After a complaint was received by social services in July, authorities visited the Mears home of 39-year-old Malista Ness-Hopkins and her five children. What they found was horrific, with two- and three-year-old children trapped in their cribs by lids and the other three children living amid filth. Describing the conditions the children were forced to live in as “abhorrent,” prosecutors have indicted Ness-Hopkins on five counts of Child Abuse.

Children living in abhorrent and filthy conditions

Accomack County Social Services visited the home on July 28, after receiving complaints.

Kate Bonniwell, a social worker, said in court that they found two toddlers, aged two and three, literally caged into their cribs with lids screwed on the top. Bonniwell said it took around 23 minutes to remove the lid from one of the cribs, saying the two-year-old child hissed and made other, almost animal sounds as she tried to free the toddler. On accessing both cribs, she found evidence the toddlers had clawed and bitten at the interior walls of the cribs.

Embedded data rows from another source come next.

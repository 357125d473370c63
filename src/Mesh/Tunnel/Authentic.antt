-- ===== src/Mesh/Tunnel/Authentic.antt =====
-- Who is at the other end of a tunnel.
use p2p_common.Common.{
  ℕ, ◌≡◌, refl, sym, ◌∙◌, String, Bool, true, false, Option, none, some, List, [], ◌∷◌, str_eq,
  eq_iff,
}
use p2p_common.Common.Dict.{get, get-insert_self}
use p2p_common.Common.Result.{Result, ok, err, ensure, ok_or, ◌>>◌, >>=-eq-ok}
use p2p_common.Crypto.{Primitives, sign_p2p_handshake, verify_p2p_handshake}
use p2p_common.Protocol.Message.{P2pMessage, request_topology}
use p2p_common.Registry.{Known, get_known_public_key}
use p2p_common.Mesh.Messages.{Mesh, send_to}
use p2p_common.Mesh.Messages.Laws.{send_to_open}
use p2p_common.Mesh.Tunnel.{
  Noise, Codec, Local, Opened, Claim, claim_of, check_initiator, check_responder, map_err,
  open_tunnel, get_noise_private_key, accept_session, answer_initiator, handle_incoming_tcp_tunnel,
  offer_session, connect_to_peer_signaling,
}

-- The message claims to come from `id`, and its signature checks, for this node and the time that
-- the message gives, against the public key that is known for `id`.
abbrev pub Proves : Primitives → Known → String → P2pMessage → String → Type 0
Proves p known my_id msg id =
    (claim : Claim) × (key : String) × (claim_of msg ≡ some claim)
    × (claim.node_id ≡ id)
    × (get_known_public_key known id ≡ some key)
    × (verify_p2p_handshake p claim.signature key id my_id claim.timestamp_ms ≡ ok tt)

ok_or-eq-ok {ℓ} : {A : Type ℓ} (o : Option A) (e : String) {a : A} → ok_or o e ≡ ok a → o ≡ some a
ok_or-eq-ok none e h = cc
ok_or-eq-ok (some a) e h = cc

map_err-eq-ok {ℓ} :
    {A : Type ℓ} (what : String) (r : Result A) {a : A} → map_err what r ≡ ok a → r ≡ ok a
map_err-eq-ok what (ok a) h = h
map_err-eq-ok what (err e) h = cc

verified :
    (p : Primitives) (known : Known) (my_id id why : String) (msg : P2pMessage) (claim : Claim)
    (key : String)
    → claim_of msg ≡ some claim
    → get_known_public_key known claim.node_id ≡ some key
    → (map_err why
          (verify_p2p_handshake p claim.signature key claim.node_id my_id claim.timestamp_ms)
        >> ok claim.node_id)
      ≡ ok id
    → Proves p known my_id msg id
verified p known my_id id why msg claim key ec ek h =
    let (u, ev, same) =
      >>=-eq-ok
        (map_err why
          (verify_p2p_handshake p claim.signature key claim.node_id my_id claim.timestamp_ms))
        (λ _. ok claim.node_id) h in
    let e : claim.node_id ≡ id = cc same in
    (claim, key, ec, e, rw e at ek, rw e at (map_err-eq-ok why _ ev))

check_initiator-Proves :
    (p : Primitives) (known : Known) (my_id id : String) (msg : P2pMessage)
    → check_initiator p known my_id msg ≡ ok id
    → Proves p known my_id msg id
unfolding check_initiator
check_initiator-Proves p known my_id id msg h =
    let (claim, ec, h1) = >>=-eq-ok (ok_or (claim_of msg) _) _ h in
    let (key, ek, h2) = >>=-eq-ok (ok_or (get_known_public_key known claim.node_id) _) _ h1 in
    verified p known my_id id _ msg claim key (ok_or-eq-ok _ _ ec) (ok_or-eq-ok _ _ ek) h2

check_responder-Proves :
    (p : Primitives) (known : Known) (my_id target id : String) (msg : P2pMessage)
    → check_responder p known my_id target msg ≡ ok id
    → Proves p known my_id msg id × (id ≡ target)
unfolding check_responder verified
check_responder-Proves p known my_id target id msg h =
    let (claim, ec, h1) = >>=-eq-ok (ok_or (claim_of msg) _) _ h in
    let (u, same, h2) = >>=-eq-ok (ensure (str_eq claim.node_id target) _) _ h1 in
    let (key, ek, h3) = >>=-eq-ok (ok_or (get_known_public_key known claim.node_id) _) _ h2 in
    let proof =
      verified p known my_id id _ msg claim key (ok_or-eq-ok _ _ ec) (ok_or-eq-ok _ _ ek) h3 in
    (
      proof,
      sym (proof.3)
          ∙ (eq_iff claim.node_id target).0 (ensured (str_eq claim.node_id target) _ same),
    )
  where
    ensured : (b : Bool) (e : String) → ensure b e ≡ ok tt → b ≡ true
    ensured true e h = refl
    ensured false e h = cc

get-open_tunnel :
    (m : Mesh) (id : String) (c : ℕ)
    → get (open_tunnel m id c).tunnels id ≡ some (record { connection_id = c; queue = [] })
unfolding open_tunnel
get-open_tunnel m id c = get-insert_self m.tunnels id _

module _ {H T : Type 0} (noise : Noise H T) (codec : Codec) (p : Primitives) (l : Local) where
  answer_initiator-opens :
      (m : Mesh) (initiator : String) (t : T) (written unread : List ℕ) (o : Opened T)
      → answer_initiator noise codec p l m initiator t written unread ≡ ok o
      → (o.remote ≡ initiator) × (o.mesh ≡ open_tunnel m initiator l.connection_id)
  unfolding answer_initiator
  answer_initiator-opens m initiator t written unread o h =
      let (signature, es, h1) =
        >>=-eq-ok (sign_p2p_handshake p l.private_key_b64 l.my_id initiator l.now) _ h in
      let (plain, ep, h2) = >>=-eq-ok (codec.to_vec _) _ h1 in
      let (r, ee, h3) = >>=-eq-ok (noise.encrypt t plain) _ h2 in (cc, cc)

-- A tunnel that a stranger opened stands under the id of a node whose known public key has signed
-- the handshake for this node: the message that was decrypted from the stream proves it. The tunnel
-- is new, with an empty queue.
pub handle_incoming-Proves :
    {H T : Type 0} (noise : Noise H T) (codec : Codec) (p : Primitives) (l : Local) (m : Mesh)
    (noise_key stream : List ℕ) (o : Opened T)
    → handle_incoming_tcp_tunnel noise codec p l m noise_key stream ≡ ok o
    → (msg : P2pMessage) × Proves p m.known l.my_id msg o.remote
      × (get o.mesh.tunnels o.remote
          ≡ some (record { connection_id = l.connection_id; queue = [] }))
unfolding handle_incoming_tcp_tunnel
handle_incoming-Proves noise codec p l m noise_key stream o h =
    let (r, es, h1) = >>=-eq-ok (accept_session noise codec p l noise_key stream) _ h in
    let (id, ec, h2) = >>=-eq-ok (check_initiator p m.known l.my_id r.0.message) _ h1 in
    let (er, em) = answer_initiator-opens noise codec p l m id r.1 r.2 r.3 o h2 in
    (
      r.0.message,
      check_initiator-Proves p m.known l.my_id o.remote r.0.message (rw er ec),
      rw (em, er) (get-open_tunnel m id l.connection_id),
    )

-- A tunnel that this node opened stands under the id that it dialled, and the answer that came back
-- through the stream proves that id. The tunnel is new, and a request for the topology is the one
-- message in its queue.
pub connect_to_peer-Proves :
    {H T : Type 0} (noise : Noise H T) (codec : Codec) (p : Primitives) (l : Local) (m : Mesh)
    (target : String) (sha256 : List ℕ → List ℕ) (stream : List ℕ) (o : Opened T)
    → connect_to_peer_signaling noise codec p l m target sha256 stream ≡ ok o
    → (msg : P2pMessage) × Proves p m.known l.my_id msg target
      × (o.remote ≡ target)
      × (get o.mesh.tunnels target
          ≡ some (record { connection_id = l.connection_id; queue = request_topology ∷ [] }))
unfolding connect_to_peer_signaling
connect_to_peer-Proves noise codec p l m target sha256 stream o h =
    let (key, ek, h1) = >>=-eq-ok (get_noise_private_key p sha256 l.private_key_b64) _ h in
    let (r, es, h2) = >>=-eq-ok (offer_session noise codec p l target key stream) _ h1 in
    let (id, ec, h3) = >>=-eq-ok (check_responder p m.known l.my_id target r.0.message) _ h2 in
    let (proof, same) = check_responder-Proves p m.known l.my_id target id r.0.message ec in
    let opened = open_tunnel m target l.connection_id in
    let em : send_to opened target request_topology ≡ o.mesh = cc in
    let there =
      send_to_open opened target request_topology _ (get-open_tunnel m target l.connection_id) in
    (r.0.message, rw same at proof, cc, rw (← em, there) (get-insert_self opened.tunnels target _))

When Bonniwell spotted the caged toddlers, Ness-Hopkins reportedly said she confined the children as they had previously run off and had been playing with a container of Drano.

The social worker said a younger third child was also found in a crib, but without a lid. All three of these youngest children had soiled diapers and were infested with lice.

According to Bonniwell, the two older children, aged five and six, slept on bare mattresses in filthy rooms, infested with fleas and with broken glass on the floor.

She went on to say that none of the children acted like “normal children” and that they were all filthy and covered in flea bites. As reported by DelmarvaNow, all five children were removed from the home that day.

A home strewn with debris and trash

Following the visit by social services, the Accomack County Sheriff’s Office then ran an investigation into Ness-Hopkins home.

The investigator, Meghann Patterson, said the outside of the home was strewn with debris and trash, while there was an overwhelming smell inside the home. She said the kitchen was also littered with trash and that there were cockroaches all over the floor. She also found rotten food in containers. According to the Miami-Herald, Patterson also found plates of food decomposing in the bathtub.

When Ness-Hopkins was arrested, she described herself as a stay-at-home single parent who lived alone with the five children. The investigation followed about a year after Ness-Hopkin’s boyfriend, Tommy Annis – who was father to some of the children – had passed away at the age of 33.

The grand jury indicted Ness-Hopkins on Monday on child abuse and neglect charges. She had previously been released on a $10,000 bond, with the judge ordering her to get a mental health evaluation and treatment.